Segment Start: RECORDS
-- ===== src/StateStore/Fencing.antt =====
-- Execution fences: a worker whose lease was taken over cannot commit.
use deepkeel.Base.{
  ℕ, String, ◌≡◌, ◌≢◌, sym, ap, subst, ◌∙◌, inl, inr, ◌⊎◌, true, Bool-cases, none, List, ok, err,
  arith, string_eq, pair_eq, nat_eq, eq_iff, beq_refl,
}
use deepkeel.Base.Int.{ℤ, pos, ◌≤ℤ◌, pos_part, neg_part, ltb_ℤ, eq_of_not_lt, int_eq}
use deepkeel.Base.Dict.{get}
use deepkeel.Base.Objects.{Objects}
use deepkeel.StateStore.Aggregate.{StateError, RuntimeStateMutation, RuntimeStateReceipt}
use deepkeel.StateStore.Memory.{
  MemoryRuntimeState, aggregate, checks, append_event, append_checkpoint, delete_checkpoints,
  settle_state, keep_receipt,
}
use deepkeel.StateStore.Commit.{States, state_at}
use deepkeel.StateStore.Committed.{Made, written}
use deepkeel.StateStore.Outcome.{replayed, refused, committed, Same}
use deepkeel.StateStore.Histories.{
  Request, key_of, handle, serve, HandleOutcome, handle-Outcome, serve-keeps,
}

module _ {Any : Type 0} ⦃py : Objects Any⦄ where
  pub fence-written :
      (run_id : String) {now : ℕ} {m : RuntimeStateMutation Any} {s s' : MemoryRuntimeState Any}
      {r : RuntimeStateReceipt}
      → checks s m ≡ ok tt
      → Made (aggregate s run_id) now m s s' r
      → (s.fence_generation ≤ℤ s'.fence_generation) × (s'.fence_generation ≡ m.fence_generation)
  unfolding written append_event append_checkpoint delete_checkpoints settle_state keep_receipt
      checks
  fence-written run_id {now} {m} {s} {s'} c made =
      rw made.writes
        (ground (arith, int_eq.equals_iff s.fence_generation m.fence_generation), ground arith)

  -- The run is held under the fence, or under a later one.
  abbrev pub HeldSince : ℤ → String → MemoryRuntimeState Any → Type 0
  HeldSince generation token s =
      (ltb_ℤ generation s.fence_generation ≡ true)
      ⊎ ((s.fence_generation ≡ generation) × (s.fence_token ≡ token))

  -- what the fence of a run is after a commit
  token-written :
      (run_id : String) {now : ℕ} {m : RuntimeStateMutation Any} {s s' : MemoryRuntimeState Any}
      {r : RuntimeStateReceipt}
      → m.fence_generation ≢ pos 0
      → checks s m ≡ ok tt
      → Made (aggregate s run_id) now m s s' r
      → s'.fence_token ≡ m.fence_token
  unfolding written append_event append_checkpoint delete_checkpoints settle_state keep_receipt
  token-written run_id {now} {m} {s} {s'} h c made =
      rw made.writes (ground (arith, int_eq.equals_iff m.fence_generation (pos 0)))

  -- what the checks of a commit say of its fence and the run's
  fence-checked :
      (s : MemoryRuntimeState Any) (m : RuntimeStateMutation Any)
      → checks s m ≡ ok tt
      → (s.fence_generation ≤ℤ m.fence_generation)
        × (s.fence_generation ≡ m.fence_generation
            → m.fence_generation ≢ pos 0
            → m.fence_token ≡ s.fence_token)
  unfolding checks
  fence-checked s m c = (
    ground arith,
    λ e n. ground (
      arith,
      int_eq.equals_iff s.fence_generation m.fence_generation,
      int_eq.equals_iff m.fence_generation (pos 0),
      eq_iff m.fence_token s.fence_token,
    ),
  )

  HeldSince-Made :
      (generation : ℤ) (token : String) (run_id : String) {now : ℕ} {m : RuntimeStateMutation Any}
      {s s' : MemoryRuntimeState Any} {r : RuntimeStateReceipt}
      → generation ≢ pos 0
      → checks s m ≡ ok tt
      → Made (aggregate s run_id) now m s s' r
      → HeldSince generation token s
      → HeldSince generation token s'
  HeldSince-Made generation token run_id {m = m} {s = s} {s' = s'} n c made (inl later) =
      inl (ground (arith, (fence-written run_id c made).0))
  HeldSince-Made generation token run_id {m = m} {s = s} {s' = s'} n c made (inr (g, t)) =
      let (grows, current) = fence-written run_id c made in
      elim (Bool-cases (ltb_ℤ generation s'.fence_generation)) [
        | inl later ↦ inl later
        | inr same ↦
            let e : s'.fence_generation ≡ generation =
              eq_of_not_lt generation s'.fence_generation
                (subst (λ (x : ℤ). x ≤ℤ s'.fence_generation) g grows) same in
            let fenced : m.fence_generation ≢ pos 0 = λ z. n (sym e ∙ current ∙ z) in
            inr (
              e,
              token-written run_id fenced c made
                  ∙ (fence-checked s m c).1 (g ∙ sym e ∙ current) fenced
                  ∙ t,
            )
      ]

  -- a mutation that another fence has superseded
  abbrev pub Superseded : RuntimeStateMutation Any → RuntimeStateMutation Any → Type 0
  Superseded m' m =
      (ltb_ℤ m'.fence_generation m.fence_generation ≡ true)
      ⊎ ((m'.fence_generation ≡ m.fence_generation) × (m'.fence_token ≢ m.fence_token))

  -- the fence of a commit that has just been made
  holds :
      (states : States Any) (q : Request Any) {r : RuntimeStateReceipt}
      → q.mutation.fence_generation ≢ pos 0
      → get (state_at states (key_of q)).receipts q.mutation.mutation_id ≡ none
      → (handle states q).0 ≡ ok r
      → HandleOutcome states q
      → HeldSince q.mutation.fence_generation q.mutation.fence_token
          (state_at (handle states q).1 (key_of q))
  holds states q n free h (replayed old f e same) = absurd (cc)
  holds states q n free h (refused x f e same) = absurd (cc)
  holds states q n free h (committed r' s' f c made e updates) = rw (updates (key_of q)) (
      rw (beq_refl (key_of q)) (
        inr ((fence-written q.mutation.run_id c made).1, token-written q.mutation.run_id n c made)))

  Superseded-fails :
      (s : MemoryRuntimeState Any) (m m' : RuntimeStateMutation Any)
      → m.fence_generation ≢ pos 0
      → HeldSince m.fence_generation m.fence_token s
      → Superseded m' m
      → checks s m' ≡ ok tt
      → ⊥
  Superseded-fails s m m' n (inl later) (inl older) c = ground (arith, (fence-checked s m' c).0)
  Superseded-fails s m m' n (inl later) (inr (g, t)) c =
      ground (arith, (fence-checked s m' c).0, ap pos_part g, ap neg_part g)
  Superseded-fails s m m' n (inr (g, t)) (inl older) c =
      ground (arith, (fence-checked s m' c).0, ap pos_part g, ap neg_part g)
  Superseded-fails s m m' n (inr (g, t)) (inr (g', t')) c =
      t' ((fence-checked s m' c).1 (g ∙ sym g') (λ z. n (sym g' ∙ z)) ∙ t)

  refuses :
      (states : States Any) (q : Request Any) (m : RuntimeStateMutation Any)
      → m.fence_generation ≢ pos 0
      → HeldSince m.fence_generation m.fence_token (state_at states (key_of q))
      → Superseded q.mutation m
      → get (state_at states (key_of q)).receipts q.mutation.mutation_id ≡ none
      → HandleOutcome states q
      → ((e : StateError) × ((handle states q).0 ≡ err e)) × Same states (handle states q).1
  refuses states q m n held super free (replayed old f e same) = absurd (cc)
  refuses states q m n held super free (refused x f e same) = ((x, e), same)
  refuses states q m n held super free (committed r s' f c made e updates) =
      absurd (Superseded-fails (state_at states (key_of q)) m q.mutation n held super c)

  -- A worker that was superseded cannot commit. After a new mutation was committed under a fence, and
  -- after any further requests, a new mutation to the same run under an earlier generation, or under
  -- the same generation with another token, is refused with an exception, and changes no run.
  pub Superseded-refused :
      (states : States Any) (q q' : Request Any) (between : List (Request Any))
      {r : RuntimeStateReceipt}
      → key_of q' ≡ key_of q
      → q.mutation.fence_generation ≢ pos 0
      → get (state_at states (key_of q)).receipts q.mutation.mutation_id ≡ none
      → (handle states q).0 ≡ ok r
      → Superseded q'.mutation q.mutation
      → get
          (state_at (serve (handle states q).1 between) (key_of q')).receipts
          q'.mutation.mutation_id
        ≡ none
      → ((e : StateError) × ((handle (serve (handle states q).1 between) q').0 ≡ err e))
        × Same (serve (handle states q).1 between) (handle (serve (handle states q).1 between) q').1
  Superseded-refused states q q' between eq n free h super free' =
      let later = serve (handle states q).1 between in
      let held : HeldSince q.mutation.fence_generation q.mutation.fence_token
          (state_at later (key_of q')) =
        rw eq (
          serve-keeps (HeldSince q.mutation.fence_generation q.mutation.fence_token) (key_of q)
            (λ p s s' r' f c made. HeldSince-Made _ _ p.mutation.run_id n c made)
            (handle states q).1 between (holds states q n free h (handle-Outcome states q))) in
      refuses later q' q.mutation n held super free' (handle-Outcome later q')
Segment End: RECORDS
**EXERCISE GOAL:**
In how many lines of the records does the string "MemoryRuntimeState" occur? Answer with the number alone.

**OUTPUT BELOW:**
7